Updated, 3/29, 5:00 a.m.
Space limitations are forcing the University to schedule classes at the extremes of the day, with some lectures this fall starting as early as 8:40 a.m. and some seminars running until 10 p.m.
With few exceptions, the earliest class currently offered to undergraduates begins at 9 a.m. and the latest ends at 8 p.m. The addition of two new 75-minute lecture periods—at 8:40 a.m. and at 7:40 p.m.—and one new 110-minute seminar period at 8:10 p.m. “will significantly increase the number of classes that can be scheduled in existing classrooms,” University Registrar Barry Kane wrote in an email.
The University’s course enrollment has grown by 20,000 students since 1998—when the last major review on classroom space was conducted—while total student enrollment has grown more slowly, from almost 23,000 students in 2001 to about 28,000 students in 2011.
That growth, coupled with the fact that only 4 percent of seminar classes are offered on Fridays, has created an extraordinary crunch for space on the Morningside Heights campus—an issue that will not begin to be resolved until some departments and graduate schools make the move to Manhattanville in 2016.
“What we have been doing is suggesting to departments that they use early Friday as a seminar day,” Kathryn Yatrakis, dean of academic affairs, said. “We’ve already done that with a number of language departments, because we just have to spread out—we’re getting too clumped.”
While this new schedule uses classroom space more efficiently than the current one, some faculty members recognized that the changes will pose new challenges for departments.
Patricia Culligan, vice dean of academic affairs at the School of Engineering and Applied Science, said that she hopes to keep core classes in similar time slots.
“For the classes that are getting very large, it has been necessary,” she said. “Faculty have expressed concern about the earlier slot, so you’ll see that the shifts for core classes are no more than 10 to 15 minutes.”
Pascale Hubert-Leibler, director of the French Language Program, said that the French department had reviewed the new schedule, but was curious to see how it would affect classes next year.
“We’ve looked at it and there are a few things that we were a bit skeptical about,” she said. “If we move some classes from nine to something like a quarter to nine, is it going to make it harder for the students to get to class on time?”
Faculty members have said that limited space for teaching is an issue they notice. “It’s great to see the school expanding the schedule,” Kai Yang, a professor in the electrical engineering department, said. “I feel there are a lot of students with too few resources.”
Yang, who said he noticed a jump of about 50 students taking his communication theory class in one year, said that the registrar “must make sure that professors have enough space or the teaching quality will decline.”
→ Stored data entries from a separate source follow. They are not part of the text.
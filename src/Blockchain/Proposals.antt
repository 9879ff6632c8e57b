-- ===== src/Blockchain/Proposals.antt =====
-- What the acceptance and the rejection of a proposal mean.
use beacon_kit.Prelude.{
  List, [], ◌∷◌, ◌++◌, not, if◌then◌else◌, Option, none, some, Bool, true, ◌≡◌, arith, refl, ap,
  sym, ◌∙◌, ◌⊎◌, Option-cases, inl, inr,
}
use beacon_kit.Exec.{Error, Result, ok, err}
use beacon_kit.Types.{BeaconBlock, ValidatorUpdate}
use beacon_kit.Collections.{Collections}
use beacon_kit.BeaconDb.{Kv}
use beacon_kit.StateDb.{hash_tree_root}
use beacon_kit.Processor.Block.{BeaconState, transition, copy, process, finish}
use beacon_kit.Processor.Block.{process_block}
use beacon_kit.Processor.Slots.{process_slots}
use beacon_kit.Processor.Block.Sound.{process_block_sound}
use beacon_kit.Exec.Success.{>>=-Succeeds, Result-cases}
use beacon_kit.Processor.Block.Atomic.{transition_ok_saves}
use beacon_kit.DataAvailability.{Sidecars, processor_verify_blobs}
use beacon_kit.Blockchain.{
  Service, Task, plain, verify_context, verify_incoming_block, verified_block, state_root_verdict,
  verify_incoming_blobs, plain_error, join_fatal, joined, is_fatal, is_fatal_error,
  receive_block_and_blobs, process_proposal, flushed, should_build_optimistic_payloads,
  force_startup_head, build_optimistic_payload, rebuild_payload,
}

plain_errors :
    (r : Result Unit) → (plain_error r ≡ none) ⊎ ((e : Error) × (plain_error r ≡ some (plain e)))
unfolding plain_error
plain_errors (ok u) = inl refl
plain_errors (err e) = inr (e, refl)

module _ (svc : Service) where
  blob_errors :
      (blk : BeaconBlock) (sidecars : Option Sidecars)
      → (verify_incoming_blobs svc (some blk) sidecars ≡ none)
        ⊎ ((e : Error) × (verify_incoming_blobs svc (some blk) sidecars ≡ some (plain e)))
  unfolding verify_incoming_blobs
  blob_errors blk none = inl refl
  blob_errors blk (some []) = inl refl
  blob_errors blk (some (sc ∷ scs)) =
      plain_errors (processor_verify_blobs svc.verifier svc.sp.cs blk.slot (sc ∷ scs))

accepted_error :
    (svc : Service) (e : Error)
    → state_root_verdict svc (err e) ≡ none
    → svc.is_accepted_status e ≡ true
unfolding state_root_verdict
accepted_error svc e h = ground arith

module _ {c : Collections} (svc : Service) where
  block_error :
      (forced : Bool) (pre : BeaconState c) (blk : BeaconBlock) (e : Error)
      → state_root_verdict svc (transition svc.sp verify_context (copy pre) (some blk)).0 ≡ some e
      → (verify_incoming_block svc forced pre (some blk)).error ≡ some (plain e)
  unfolding verify_incoming_block verified_block
  block_error forced pre blk e h = rw h refl

  -- An accepted proposal of a block has passed both verifications.
  accepted_verified :
      (forced : Bool) (pre : BeaconState c) (blk : BeaconBlock) (sidecars : Option Sidecars)
      → process_proposal svc forced pre (some blk) sidecars ≡ true
      → (state_root_verdict svc (transition svc.sp verify_context (copy pre) (some blk)).0 ≡ none)
        × (verify_incoming_blobs svc (some blk) sidecars ≡ none)
  unfolding process_proposal receive_block_and_blobs join_fatal joined is_fatal is_fatal_error
  accepted_verified forced pre blk sidecars h =
      elim (Option-cases
        (state_root_verdict svc (transition svc.sp verify_context (copy pre) (some blk)).0)) [
          | inr (e, failed) ↦ let reported = block_error forced pre blk e failed in ground arith
          | inl passed ↦ elim (blob_errors svc blk sidecars) [
            | inl verified ↦ (passed, verified)
            | inr (e, failed) ↦ ground arith
          ]
        ]

  flushed_to :
      (pre post : BeaconState c) (kv : Kv c)
      → post.parent ≡ some kv
      → flushed svc pre post ≡ record pre { working = kv }
  unfolding flushed
  flushed_to pre post kv h = rw h refl

  pre_state-verified_block :
      (pre post : BeaconState c) (blk : BeaconBlock) (startup : List (Task c)) (o : Option Error)
      → (verified_block svc pre blk startup o post).pre_state ≡ flushed svc pre post
  unfolding verified_block
  pre_state-verified_block pre post blk startup none = refl
  pre_state-verified_block pre post blk startup (some e) = refl

  transition_failed :
      (pre : BeaconState c) (blk : BeaconBlock) (e : Error)
      → (process svc.sp verify_context blk pre.working).0 ≡ err e
      → transition svc.sp verify_context (copy pre) (some blk) ≡ (
        err e,
        record {
          working = (process svc.sp verify_context blk pre.working).1;
          parent = some pre.working;
        },
      )
  unfolding transition copy
  transition_failed pre blk e h = rw (h, finish) refl

  -- When the processing of the slots and the block of a proposal fails with an error `e`: the state
  -- that the verification was given is left as it was. If `e` is an accepted payload status, no error
  -- is reported, and the optimistic payload is started on the state where the processing stopped;
  -- otherwise `e` is reported, and the payload for the rejected block is built again on the state
  -- that was given. Neither build is started unless optimistic builds are on.
  pub verify_incoming_block_keeps :
      (forced : Bool) (pre : BeaconState c) (blk : BeaconBlock) (e : Error)
      → (process svc.sp verify_context blk pre.working).0 ≡ err e
      → verify_incoming_block svc forced pre (some blk) ≡ record {
        error = if svc.is_accepted_status e then none else some (plain e);
        pre_state = pre;
        tasks =
            (if forced then [] else force_startup_head pre.working ∷ [])
            ++ (if not (should_build_optimistic_payloads svc)
                then []
                else if svc.is_accepted_status e
                then build_optimistic_payload (process svc.sp verify_context blk pre.working).1 blk
                  ∷ []
                else rebuild_payload pre.working ∷ []);
      }
  unfolding verify_incoming_block verified_block flushed state_root_verdict
  verify_incoming_block_keeps forced pre blk e h = rw (transition_failed pre blk e h) (ground arith)

  verify_incoming_block_flushes :
      (forced : Bool) (pre : BeaconState c) (blk : BeaconBlock) (us : List ValidatorUpdate)
      → (process svc.sp verify_context blk pre.working).0 ≡ ok us
      → (verify_incoming_block svc forced pre (some blk)).pre_state.working
        ≡ (process svc.sp verify_context blk pre.working).1
  unfolding verify_incoming_block
  verify_incoming_block_flushes forced pre blk us h =
      let kept = (transition_ok_saves svc.sp verify_context pre blk us h).2 in
      let post = (transition svc.sp verify_context (copy pre) (some blk)).1 in
      ap (λ s. s.working)
        (pre_state-verified_block pre post blk _
          (state_root_verdict svc (transition svc.sp verify_context (copy pre) (some blk)).0))
      ∙ ap (λ s. s.working)
          (flushed_to pre post (process svc.sp verify_context blk pre.working).1 kept)

  processed_root :
      (blk : BeaconBlock) (kv kv' : Kv c) (us : List ValidatorUpdate)
      → process svc.sp verify_context blk kv ≡ (ok us, kv')
      → (c.read kv'.slot ≡ some blk.slot)
        × ((hash_tree_root svc.sp.state_root svc.sp.cs kv').0 ≡ ok blk.state_root)
  unfolding process
  processed_root blk kv kv' us h =
      let (updates, kv1, slots, rest) =
        >>=-Succeeds (process_slots svc.sp blk.slot) _ kv us kv' h in
      let (u, kv2, block, last) =
        >>=-Succeeds (process_block svc.sp verify_context blk) _ kv1 us kv' rest in
      let same : kv2 ≡ kv' = ap (λ p. p.1) last in
      let (slot, latest, payload, root) =
        process_block_sound svc.sp verify_context blk kv1 kv2 block in
      let rooted : (hash_tree_root svc.sp.state_root svc.sp.cs kv2).0 ≡ ok blk.state_root =
        elim root [ inl skipped ↦ cc | inr e ↦ e ] in
      (
        ap (λ k. c.read k.slot) (sym same) ∙ slot,
        ap (λ k. (hash_tree_root svc.sp.state_root svc.sp.cs k).0) (sym same) ∙ rooted,
      )

  -- When the proposal of a block is accepted, then either the state has become that of the block: it
  -- is at the block's slot and its root is the one that the block names; or the processing failed
  -- with an accepted payload status, and the state is as before. In both cases the blobs verified,
  -- or there were none.
  pub accepted_state :
      (forced : Bool) (pre : BeaconState c) (blk : BeaconBlock) (sidecars : Option Sidecars)
      → process_proposal svc forced pre (some blk) sidecars ≡ true
      → (((kv : Kv c) × ((verify_incoming_block svc forced pre (some blk)).pre_state.working ≡ kv)
            × (c.read kv.slot ≡ some blk.slot)
            × ((hash_tree_root svc.sp.state_root svc.sp.cs kv).0 ≡ ok blk.state_root))
          ⊎ ((e : Error) × ((process svc.sp verify_context blk pre.working).0 ≡ err e)
              × (svc.is_accepted_status e ≡ true)
              × ((verify_incoming_block svc forced pre (some blk)).pre_state ≡ pre)))
        × (verify_incoming_blobs svc (some blk) sidecars ≡ none)
  accepted_state forced pre blk sidecars h =
      let (passed, verified) = accepted_verified forced pre blk sidecars h in
      let run = process svc.sp verify_context blk pre.working in
      elim (Result-cases run.0) [
        | inl (us, done) ↦
            let (slot, root) = processed_root blk pre.working run.1 us (λ i. (done i, run.1)) in
            (
              inl (run.1, verify_incoming_block_flushes forced pre blk us done, slot, root),
              verified,
            )
        | inr (e, failed) ↦
            let reported = ap (λ t. t.0) (transition_failed pre blk e failed) in
            (
              inr (
                e,
                failed,
                accepted_error svc e (sym (ap (state_root_verdict svc) reported) ∙ passed),
                ap (λ v. v.pre_state) (verify_incoming_block_keeps forced pre blk e failed),
              ),
              verified,
            )
      ]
At SEAS, where some classes last 150 minutes, the new master schedule allows for classes to last until 9:30 or 10 p.m. Culligan said that SEAS will adopt some of the changes, but is trying not to make substantial changes to its Friday schedule.
The changes also address some difficulties in scheduling language classes. Currently, students who take an elementary language course have the option to have a class five days each week for 50 minutes, or three classes each week for 75 minutes.
“For French, we have a problem with the different formats in which we offer the classes,” Hubert-Leibler said. “We would like to see whether we can get these two formats closer together.”
After about 10 weeks, the students enrolled in the three-classes-a-week course have lost almost an entire week of instruction.
“We have always been committed to proposing different methods to the students,” she said. “We’re just looking to get our formats closer together.”
With the new schedule, students will now have the option to take a course that meets four times each week for 65 minutes—which is 10 minutes more of classroom instruction than a course that meets five times each week for 50 minutes.
“The more uniform the schedule can be, the easier it is for students to have classes,” Culligan said. “We can maximize the use of the classroom space on campus.”
Still, some students said that they were unhappy about the possibility of having a lecture class at 8:40 a.m.
“I probably wouldn’t sign up for a class that was that early,” said Vivek Bhagwat, SEAS ’13. “I’ve had two classes here that were at nine and I rarely went to them.”
Abbee Cox, CC ’14, said that students still have the option to take later classes if their schedule permits.
“If you can’t get up that early then don’t sign up for classes that early,” she said. “You can make your schedule—if that’s what they had to do to fit in more classes, I think it’s fine.”
Lillian Chen contributed reporting.
Correction: A previous version of this story implied that number of students at Columbia has grown by about 20,000 since 1998. Total number of course enrollments has grown by about 20,000 since 1998, while the actual number of students has grown more slowly. Spectator regrets the error.